SUPPLIED RECORDS:
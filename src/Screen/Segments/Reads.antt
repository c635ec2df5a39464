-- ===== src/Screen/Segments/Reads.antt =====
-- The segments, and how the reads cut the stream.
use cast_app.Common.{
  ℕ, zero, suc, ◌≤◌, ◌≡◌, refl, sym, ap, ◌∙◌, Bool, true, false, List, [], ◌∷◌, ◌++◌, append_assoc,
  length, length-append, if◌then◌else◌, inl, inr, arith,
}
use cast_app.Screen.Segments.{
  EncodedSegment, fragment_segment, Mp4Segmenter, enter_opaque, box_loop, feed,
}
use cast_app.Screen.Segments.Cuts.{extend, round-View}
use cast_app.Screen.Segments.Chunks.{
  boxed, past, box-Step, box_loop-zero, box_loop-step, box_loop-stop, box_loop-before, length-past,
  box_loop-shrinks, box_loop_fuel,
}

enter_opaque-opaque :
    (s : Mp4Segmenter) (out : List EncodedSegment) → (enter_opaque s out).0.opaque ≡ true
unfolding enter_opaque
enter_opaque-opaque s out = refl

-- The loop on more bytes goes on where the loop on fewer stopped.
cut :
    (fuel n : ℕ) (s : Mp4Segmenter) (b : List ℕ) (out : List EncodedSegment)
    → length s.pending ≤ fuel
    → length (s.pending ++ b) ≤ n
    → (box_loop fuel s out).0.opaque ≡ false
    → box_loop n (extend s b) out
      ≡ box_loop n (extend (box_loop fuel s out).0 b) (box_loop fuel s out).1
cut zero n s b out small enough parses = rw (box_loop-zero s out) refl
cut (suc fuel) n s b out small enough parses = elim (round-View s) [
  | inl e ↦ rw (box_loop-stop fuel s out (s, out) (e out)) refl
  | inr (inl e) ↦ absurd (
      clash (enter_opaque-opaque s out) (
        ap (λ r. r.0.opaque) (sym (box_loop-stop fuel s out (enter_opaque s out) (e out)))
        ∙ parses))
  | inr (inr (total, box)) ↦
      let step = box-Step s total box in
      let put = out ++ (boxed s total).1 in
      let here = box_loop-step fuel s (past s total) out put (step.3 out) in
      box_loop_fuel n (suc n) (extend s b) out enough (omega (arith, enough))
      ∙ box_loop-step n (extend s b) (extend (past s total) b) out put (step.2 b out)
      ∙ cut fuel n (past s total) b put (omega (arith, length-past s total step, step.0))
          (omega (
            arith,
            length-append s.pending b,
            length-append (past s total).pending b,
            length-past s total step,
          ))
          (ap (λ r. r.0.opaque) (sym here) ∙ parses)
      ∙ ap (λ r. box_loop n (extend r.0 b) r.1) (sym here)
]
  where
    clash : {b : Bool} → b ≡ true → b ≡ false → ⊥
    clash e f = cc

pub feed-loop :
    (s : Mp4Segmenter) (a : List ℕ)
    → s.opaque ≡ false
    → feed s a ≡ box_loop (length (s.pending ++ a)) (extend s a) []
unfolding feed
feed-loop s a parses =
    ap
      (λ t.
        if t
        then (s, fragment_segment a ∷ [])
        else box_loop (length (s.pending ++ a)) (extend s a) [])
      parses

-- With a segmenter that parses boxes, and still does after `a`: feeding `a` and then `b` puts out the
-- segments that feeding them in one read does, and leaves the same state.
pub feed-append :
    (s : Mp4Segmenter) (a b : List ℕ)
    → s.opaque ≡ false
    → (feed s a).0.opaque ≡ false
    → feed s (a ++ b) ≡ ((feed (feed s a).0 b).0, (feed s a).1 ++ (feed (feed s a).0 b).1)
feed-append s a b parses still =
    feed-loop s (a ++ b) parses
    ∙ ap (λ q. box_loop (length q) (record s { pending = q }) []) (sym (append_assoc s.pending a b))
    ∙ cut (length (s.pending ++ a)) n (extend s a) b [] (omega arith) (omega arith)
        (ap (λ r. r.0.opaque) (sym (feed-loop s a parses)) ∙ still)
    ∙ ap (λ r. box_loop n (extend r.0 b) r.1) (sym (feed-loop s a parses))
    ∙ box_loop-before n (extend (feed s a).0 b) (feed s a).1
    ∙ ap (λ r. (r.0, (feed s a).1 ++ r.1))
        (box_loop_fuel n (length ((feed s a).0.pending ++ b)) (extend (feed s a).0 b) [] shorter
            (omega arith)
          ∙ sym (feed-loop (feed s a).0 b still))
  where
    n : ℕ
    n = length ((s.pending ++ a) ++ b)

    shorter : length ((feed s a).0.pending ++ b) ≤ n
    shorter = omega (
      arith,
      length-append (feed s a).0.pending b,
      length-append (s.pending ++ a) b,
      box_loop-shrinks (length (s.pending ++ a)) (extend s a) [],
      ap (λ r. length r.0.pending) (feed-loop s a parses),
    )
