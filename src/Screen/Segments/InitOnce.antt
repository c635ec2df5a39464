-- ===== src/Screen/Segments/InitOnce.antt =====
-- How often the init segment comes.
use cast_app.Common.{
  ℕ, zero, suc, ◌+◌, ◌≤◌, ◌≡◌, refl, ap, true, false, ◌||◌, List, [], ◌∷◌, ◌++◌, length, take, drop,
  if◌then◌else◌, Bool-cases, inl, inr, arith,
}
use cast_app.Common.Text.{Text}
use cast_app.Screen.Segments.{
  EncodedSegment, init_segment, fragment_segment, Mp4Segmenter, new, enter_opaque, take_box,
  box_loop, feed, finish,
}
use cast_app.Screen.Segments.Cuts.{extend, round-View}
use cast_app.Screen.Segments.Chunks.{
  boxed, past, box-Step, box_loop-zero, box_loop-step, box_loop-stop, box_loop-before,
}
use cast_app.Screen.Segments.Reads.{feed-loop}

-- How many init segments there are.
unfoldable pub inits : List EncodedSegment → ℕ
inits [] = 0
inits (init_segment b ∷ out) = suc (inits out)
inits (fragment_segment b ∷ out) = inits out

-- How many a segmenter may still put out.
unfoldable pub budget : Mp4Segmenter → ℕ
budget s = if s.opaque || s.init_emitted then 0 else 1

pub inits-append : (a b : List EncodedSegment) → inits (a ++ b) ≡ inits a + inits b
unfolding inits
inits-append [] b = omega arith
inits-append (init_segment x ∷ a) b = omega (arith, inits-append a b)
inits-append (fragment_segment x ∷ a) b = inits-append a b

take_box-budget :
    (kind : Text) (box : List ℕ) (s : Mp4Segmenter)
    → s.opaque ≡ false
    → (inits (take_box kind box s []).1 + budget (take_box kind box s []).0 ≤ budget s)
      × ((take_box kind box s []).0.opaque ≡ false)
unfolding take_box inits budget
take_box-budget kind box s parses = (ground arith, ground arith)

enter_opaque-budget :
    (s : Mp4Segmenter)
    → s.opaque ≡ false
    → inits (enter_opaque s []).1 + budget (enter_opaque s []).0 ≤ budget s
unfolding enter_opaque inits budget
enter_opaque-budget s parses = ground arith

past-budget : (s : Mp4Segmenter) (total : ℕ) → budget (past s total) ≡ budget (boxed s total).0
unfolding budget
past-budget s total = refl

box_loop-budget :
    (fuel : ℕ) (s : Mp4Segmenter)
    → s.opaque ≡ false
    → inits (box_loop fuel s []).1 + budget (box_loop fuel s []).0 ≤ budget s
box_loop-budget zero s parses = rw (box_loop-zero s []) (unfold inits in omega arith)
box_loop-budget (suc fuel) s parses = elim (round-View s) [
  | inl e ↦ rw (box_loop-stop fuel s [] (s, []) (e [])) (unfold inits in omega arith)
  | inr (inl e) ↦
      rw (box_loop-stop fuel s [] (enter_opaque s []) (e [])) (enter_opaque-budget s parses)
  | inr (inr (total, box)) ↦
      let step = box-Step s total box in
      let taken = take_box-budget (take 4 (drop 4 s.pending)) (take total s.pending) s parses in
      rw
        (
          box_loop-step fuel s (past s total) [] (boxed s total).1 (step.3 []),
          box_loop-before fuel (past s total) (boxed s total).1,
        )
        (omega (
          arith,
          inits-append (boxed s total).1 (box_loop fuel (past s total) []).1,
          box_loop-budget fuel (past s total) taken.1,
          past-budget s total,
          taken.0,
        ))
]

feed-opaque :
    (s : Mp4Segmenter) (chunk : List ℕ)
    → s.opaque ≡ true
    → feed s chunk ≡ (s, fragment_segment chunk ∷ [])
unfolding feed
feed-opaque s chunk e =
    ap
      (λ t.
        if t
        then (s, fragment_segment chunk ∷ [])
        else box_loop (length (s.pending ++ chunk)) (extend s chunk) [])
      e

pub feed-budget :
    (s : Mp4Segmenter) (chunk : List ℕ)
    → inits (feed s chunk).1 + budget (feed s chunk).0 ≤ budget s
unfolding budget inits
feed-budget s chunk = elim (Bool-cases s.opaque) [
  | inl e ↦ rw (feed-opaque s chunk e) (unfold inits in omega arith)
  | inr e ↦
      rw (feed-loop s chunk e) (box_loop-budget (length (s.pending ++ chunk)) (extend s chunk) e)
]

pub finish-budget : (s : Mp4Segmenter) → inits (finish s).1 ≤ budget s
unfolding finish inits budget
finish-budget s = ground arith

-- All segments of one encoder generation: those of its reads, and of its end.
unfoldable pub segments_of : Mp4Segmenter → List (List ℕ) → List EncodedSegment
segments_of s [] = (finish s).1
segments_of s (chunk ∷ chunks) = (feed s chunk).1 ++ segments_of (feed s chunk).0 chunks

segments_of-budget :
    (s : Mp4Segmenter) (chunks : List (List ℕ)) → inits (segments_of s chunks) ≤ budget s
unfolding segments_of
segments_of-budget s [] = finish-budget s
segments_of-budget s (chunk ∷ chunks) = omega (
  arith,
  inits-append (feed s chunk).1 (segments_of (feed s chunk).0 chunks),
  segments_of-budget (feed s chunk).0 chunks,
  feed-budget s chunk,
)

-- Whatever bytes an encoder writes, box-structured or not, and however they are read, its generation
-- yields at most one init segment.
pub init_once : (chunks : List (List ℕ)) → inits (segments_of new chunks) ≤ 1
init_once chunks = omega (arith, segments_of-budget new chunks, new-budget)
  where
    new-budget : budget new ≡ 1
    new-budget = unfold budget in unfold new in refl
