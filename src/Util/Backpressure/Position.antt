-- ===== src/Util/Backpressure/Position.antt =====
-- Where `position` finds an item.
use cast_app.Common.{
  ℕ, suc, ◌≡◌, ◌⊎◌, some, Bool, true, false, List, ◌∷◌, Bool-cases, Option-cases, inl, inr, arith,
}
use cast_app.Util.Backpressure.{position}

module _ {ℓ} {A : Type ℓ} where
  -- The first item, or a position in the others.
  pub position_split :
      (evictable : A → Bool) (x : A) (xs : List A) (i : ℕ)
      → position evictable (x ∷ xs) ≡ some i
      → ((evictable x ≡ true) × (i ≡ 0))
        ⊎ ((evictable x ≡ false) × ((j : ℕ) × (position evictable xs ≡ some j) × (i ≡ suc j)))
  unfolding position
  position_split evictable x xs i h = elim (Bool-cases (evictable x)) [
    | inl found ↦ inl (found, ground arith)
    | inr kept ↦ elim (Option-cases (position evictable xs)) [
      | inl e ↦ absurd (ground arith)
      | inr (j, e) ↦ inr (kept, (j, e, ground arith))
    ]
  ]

WHAT YOU SHOULD DO:
Reproduce verbatim only the segment of the listing bounded by the line containing "s.pending a b))" and the line containing "n = length ((s.pending ++ a) ++ b)", with both boundary lines included.

WRITTEN REPLY:
    ∙ ap (λ q. box_loop (length q) (record s { pending = q }) []) (sym (append_assoc s.pending a b))
    ∙ cut (length (s.pending ++ a)) n (extend s a) b [] (omega arith) (omega arith)
        (ap (λ r. r.0.opaque) (sym (feed-loop s a parses)) ∙ still)
    ∙ ap (λ r. box_loop n (extend r.0 b) r.1) (sym (feed-loop s a parses))
    ∙ box_loop-before n (extend (feed s a).0 b) (feed s a).1
    ∙ ap (λ r. (r.0, (feed s a).1 ++ r.1))
        (box_loop_fuel n (length ((feed s a).0.pending ++ b)) (extend (feed s a).0 b) [] shorter
            (omega arith)
          ∙ sym (feed-loop (feed s a).0 b still))
  where
    n : ℕ
    n = length ((s.pending ++ a) ++ b)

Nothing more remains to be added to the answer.